Se enfrentaron no solo dos proyectos de país, dos universos políticos, dos maneras de mirar las cosas sino dos universos personales, dos maneras de ser y pensar. Los dos eran buenos chicos que sus madre y padres seguro quisieron mucho. Los dos descendiente de inmigrante. Todo el resto los separaba. Barba y tatuaje uno, pelo corto y rubio el otro, muchos hijos uno, todavia pololeando el otro. Nacido para despreciarse, o para no admirarse al menos, el presidente Boric acentuó las diferencias al mismo tiempo que ganaba votos moderado con la fuerza de su sonrisa de provinciano recién llegado. La grandeza de su corazón voluntarioso. Ese mismo corazón que aprendió Kast a golpe, los golpes que recibieron sus padres al huir de Alemania y partir de cero en chile, a esconder.

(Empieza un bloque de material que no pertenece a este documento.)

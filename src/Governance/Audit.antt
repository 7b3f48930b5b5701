-- ===== src/Governance/Audit.antt =====
-- src/aurelix_core/audit.py. The generated `event_id` and `timestamp` are left out; the lock makes
-- each method one step.
use aurelix.Base.{
  ℕ, ◌-◌, zero, suc, String, Bool, Dict, List, [], ◌∷◌, ◌++◌, ◌≡◌, refl, length, drop, append_assoc,
  append-nil, sym,
}
use aurelix.Base.Int.{ℤ, pos, negsuc}

pub data Meta : Type 0 where
  text : String → Meta
  flag : Bool → Meta
  number : ℕ → Meta

pub record AuditEvent : Type 0 where
  pub event_type : String
  pub actor_id : String
  pub subject_id : String
  pub outcome : String
  pub metadata : Dict Meta

pub record AuditLog : Type 0 where
  pub events : List AuditEvent

abbrev pub no_events : AuditLog
no_events = record { events = [] }

unfoldable pub append : AuditEvent → AuditLog → AuditLog
append e log = record { events = log.events ++ (e ∷ []) }

-- `all`
unfoldable pub all_events : AuditLog → List AuditEvent
all_events log = log.events

-- `recent`: `limit < 1` gives nothing, and `[-limit:]` is the whole list when it is shorter.
unfoldable pub recent : ℤ → AuditLog → List AuditEvent
recent (negsuc n) log = []
recent (pos zero) log = []
recent (pos (suc n)) log = drop (length log.events - suc n) log.events

-- `log` has grown out of `old`: nothing was removed or rewritten.
pub record Extends (old log : AuditLog) : Type 0 where
  pub added : List AuditEvent
  pub grown : log.events ≡ old.events ++ added

pub Extends-refl : (log : AuditLog) → Extends log log
Extends-refl log = record { added = []; grown = sym (append-nil log.events) }

pub Extends-append : (e : AuditEvent) (log : AuditLog) → Extends log (append e log)
unfolding append
Extends-append e log = record { added = e ∷ []; grown = refl }

pub Extends-trans : {a b c : AuditLog} → Extends a b → Extends b c → Extends a c
Extends-trans {a} {b} {c} p q = record {
  added = p.added ++ q.added;
  grown = rw (q.grown, p.grown, append_assoc) refl;
}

Cuando perdió en 2021, Kast llamó a Boric antes de que terminara el conteo. Le dijo que era el Presidente electo y que merecía respeto. Fue un gesto elegante. Durante veinticuatro horas, Chile creyó que esto iba a ser distinto. No lo fue. Con el tiempo, Kast y los suyos volvieron a tratarlo como un accidente. Como algo que hay que tolerar hasta poder corregirlo. De puertas para adentro saben que Boric no es el desastre que prometieron, pero igual lo miran como una mosca que zumba en el oído. La cadena nacional de esta semana le dio la excusa perfecta para volver a insultarlo, que es parte de lo que explica por qué están ahí.
El programa de Kast se define por oposición. Promete deshacer reformas, recortar gasto, cerrar ministerios. El problema es que muchas de las medidas del gobierno actual —mantener la PGU, subir las pensiones— son exactamente las que cualquier gobierno de centroderecha también haría. Entonces Kast se ve obligado a exagerar. A prometer lo imposible, porque en el fondo no importa si es viable: importa que suene a lo contrario de Boric. Ahí está la trampa. De tanto definirse por lo que no es, Kast termina haciendo a Boric más grande. Le regala el protagonismo. Se obsesiona con él hasta parecerse a él. O al menos hasta ayudarlo a construir su mito.
Mientras Boric y Kast repiten su telenovela, los demás mueven fichas. Jeannette Jara se dedica a mostrar sus heridas personales y políticas. Evelyn Matthei, en cambio, aprovechó el fuego cruzado para mostrarse como la única adulta en la sala. Kast y Boric vuelven a ese pasado que nunca pasa, a reescenificar su irreconciliable soledad. Comete en la refriega Kast el error que le costó la elección. Boric tiene 35 años y ganó la presidencia. Lideró una coalición amplia. Negoció con adversarios. Y ahora, desde La Moneda, sabe exactamente dónde apretar para hacer enojar a un rival. Kast, en vez de despreciarlo, haría bien en reconocer que compite con alguien que, por ahora, juega mejor.
Quien se obsesiona con un enemigo termina contribuyendo a su mito. O peor: termina pareciéndose a él. En esta película ya sabemos cómo termina. Lo raro es que igual queremos verla de nuevo.